JSS: When we came out both of us wanted to get our university education. My brother who had been doing his matriculation and his Highers in Coventry, because we had been separated, whereas I was on the farm, he got an FETS grant, Further Education and Training Grant. In my case it was refused because I had been in farming and I had not been studying apparently at that time. So I got nothing from that. However, my brother and I for the first year shared actually his grant but then he went to University College London whereas I had my… sat my matriculation, my mature matriculation, both of us had to sit mature matriculation, into Birmingham University . So they had to offer me a place, so after the first year I got a grant from Birmingham itself. I also had some help from the family, Mr and Mrs Peskin, who are dead now, who had actually guaranteed for us children when we first came over as children, aged at that time 14 and 13. So I got a grant from Birmingham, not from the university but from the city, and from then onwards we went slightly separate ways. There were two things that I should say; first of all going back early to when we first came over to England we were both going to be interviewed by an educational psychologist. We had of course done no educational work at all for the last year in Vienna, after Hitler had came we were thrown out of our school and this was nearly a year later. And this man had obviously been educated beyond his intellectual capacity and he decided we were not worth educating. That is how I actually was interested in farming although I was not sent to a farming college but to work as a pupil on a… for a pretty dreadful farmer.
INT: How did he decide you weren’t worthy of educating?

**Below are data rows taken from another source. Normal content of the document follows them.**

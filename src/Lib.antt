-- ===== src/Lib.antt =====
-- Verification of meow's proof-of-work consensus and of its execution of transactions: the block tree
-- with its fork choice, the object store, the transaction pool, the validation of transactions, the
-- miner, the executor and the virtual machine.
--
-- The program. A node of meow (crates/meow-node) owns a `Miner` (crates/meow-nakamoto/src/miner).
-- The miner owns a `ChainState` (src/chain) and a `Mempool` (src/mempool). The chain state keeps
-- every block of the last `snapshot_depth` heights with the object store that the block leads to
-- (src/store.rs). A transaction that a client submits is checked (crates/meow-types,
-- transaction/validator) and queued; a round of mining drains a batch, searches a nonce, executes
-- the batch and seals a block, which is committed; a block from a peer is checked, re-executed from
-- its parent's store and recorded, and becomes the head if it is higher than the head.
--
-- The files.
-- - Base, Base/*: names of the libraries, Boolean tests, results, lists.
-- - BTreeMap, BTreeMap/*: the standard library's ordered map, as its documentation describes it, a
--   list of entries in the order of their keys. Addresses and digests are the numbers that their 32
--   bytes spell.
-- - Types/*: crates/meow-types: objects, transactions, results, and `validator`; Validity says what
--   the validator accepts.
-- - Vm/*: crates/meow-vm-types and crates/meow-vm. Types, Bytecode and Module have the data, Ref the
--   references to names of other modules, Values the operations on values, Natives the native
--   functions and the configuration, Errors and Gas the machine's errors, meter and schedule.
-- - Vm/Machine/*: crates/meow-vm/src/lib.rs. Frame has frames and slots, Exec one instruction, Run the
--   loop of `call_inner` (`run`), `Vm::call` (`call_vm`) and `Vm::new` (`new_vm`). Metered is about the
--   gas meter; Steady, Progress, Follows, Paid and Ends show that runs end; Census, Conserved and
--   Moves count structs.
-- - Adapter/*: crates/meow-vm-adapter with the conversions that it uses. Defs has those, Context the
--   recorded side effects and the native functions, Resolvers, Effects and Execute the files of
--   executor/ (Effects has gas.rs and versioning.rs too), Layout the rules of bytecode_verifier on the
--   fields of structs. Coins, Versions, Spent and Placed prove what these do.
-- - Verifier/*: crates/meow-vm-bytecode-verifier/src/structural.rs, `check_module`. Errors has error.rs
--   and the compiler's configuration, Types the references to types and the search for cycles,
--   Instructions the checks of code, Structural the checks of structs and functions. Cycles and
--   Forward are proofs.
-- - External: what the program takes from other packages, as a record of functions: BCS with
--   Blake2b-256 (`Digest::compute`), Ed25519, and the BCS decoders.
-- - Executor: the interface of crates/meow-vm-adapter/src/executor, which the consensus code is a
--   client of, as a record of functions.
-- - Nakamoto/Header: crates/meow-nakamoto-types. Nakamoto/Roots: src/roots.rs, the hashes of
--   headers and the test of the difficulty. Nakamoto/SystemTransactions: src/system_transactions.rs.
--   Nakamoto/Inputs: crates/meow-vm-adapter/src/inputs_resolver.rs.
-- - Nakamoto/Store/*: src/store.rs. Defs has the operations, Lookup what they leave at an address,
--   Valid their invariant, Order what `with_objects` makes of a list in any order, Total when no
--   assertion fails.
-- - Nakamoto/Mempool/*: src/mempool. Defs has the operations; Valid, Retain and Drain prove what
--   each keeps.
-- - Nakamoto/Chain/*: src/chain/mod.rs. State has the record, its lookups and pruning, Structure
--   `validate_block_structure`, Replay the re-execution of a block and the check of its reward,
--   Apply `from_snapshot`, `commit` and `apply_block`. WellFormed, Valid, Prune, Record, Execution, Accept and
--   ForkChoice prove what these keep and do.
-- - Nakamoto/Miner/*: src/miner. Work is `MiningWork::grind`, State is `Miner`; `Miner::apply_block`
--   is `receive_block`. Execution, Reward, Mined, Grind, Loop and Fuel prove what `grind` returns
--   and that it ends, Accepted sets it against `apply_block`, Sync is about snapshots.
-- - Tests/*: a small world in which a block is mined and applied.
--
-- How it is modelled. A method that changes its object takes the state last and returns the new
-- one. A result is `Outcome`: a value, an error, or `panic` for `expect`, `assert!` and an index that
-- is not there. `u64` sums wrap around, as they do in a release build. The clock is an argument.
-- Log output, and the yielding of `grind` to the async runtime, are left out.
--
-- A native function of the machine is a closure that may change what it captures; here it takes the
-- captured state and returns it, and the state and the meter come back from a run that fails too. A
-- message of a failure is kept as its template and arguments, which `Platform.render` makes a text
-- of. A random generator is its seed with the count of the numbers drawn.
--
-- Fuel. `collect_dep_modules` takes fuel; its callers give one more than the number of the store's
-- objects, and each call of it marks an address that holds an object as seen. `walk`, behind
-- `canonical_chain`, takes fuel for the length of the chain. `grind_loop` takes one pass for each
-- transaction of the batch and one more, as each further pass has a shorter batch. The search for
-- cycles of structs takes fuel for each struct and one more. The nonce search recurs on the nonces that
-- are left. `run` takes fuel for each instruction; gas pays for every jump
-- and every call, so that fuel in proportion to the gas that remains and to the longest function is
-- enough. `resolve_dep_modules` takes fuel for each address of its queue; the executor takes one
-- number for both, and says `starved` when it is too low.
--
-- Not modelled: the abstract interpretations of the two bytecode verifiers (together they are an
-- argument of the executor), the compiler, the serializer behind `struct_from_rust`, key derivation
-- and key stores, gossip and RPC, the command line, and the framework's sources in meow's own
-- language.
pub mod Base
pub mod BTreeMap
pub mod Types
pub mod Vm
pub mod Adapter
pub mod Verifier
pub mod External
pub mod Executor
pub mod Nakamoto
pub mod Tests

JSS: He tried to interview me in Latin, he said “I see you’ve done Latin for at least a couple of years” and so on. Now I don’t know whether you have done Latin at all.
INT: No.
JSS: But certainly not colloquial Latin.
INT: No.
JSS: I obviously could not possibly hold an interview in Latin. That’s the way it goes. A second time almost the same thing happened to us when we got into Birmingham University, potentially into Birmingham University, because we had taken this mature matriculation into the university itself. There was a man, the admissions tutor, I don’t know if I should mention his name. But OK, his name was Dr. Ibbs at that time, Major Ibbs he called himself because he was something in the Territorial Army but he had not done very much elsewhere. He was an awful lecturer, he lectured in heat, however, he interviewed us. He offered me mining engineering in which I’d absolutely no interest whatsoever and he offered Gerhard, my brother, a year below what he could already enter in because Gerhard had taken an intermediate just before joining, the London Intermediate. I had learned matric but that didn’t make… We both didn’t accept this, eventually he had to offer something else so he offered me botany and biology and from then onward it went on. But he said “You would have been better off if both of you had failed”. He obviously didn’t like refugees or at least like… Don’t forget, we weren’t young men then and we were experienced, we had been living for quite a long time in the army and had made reasonable progress there.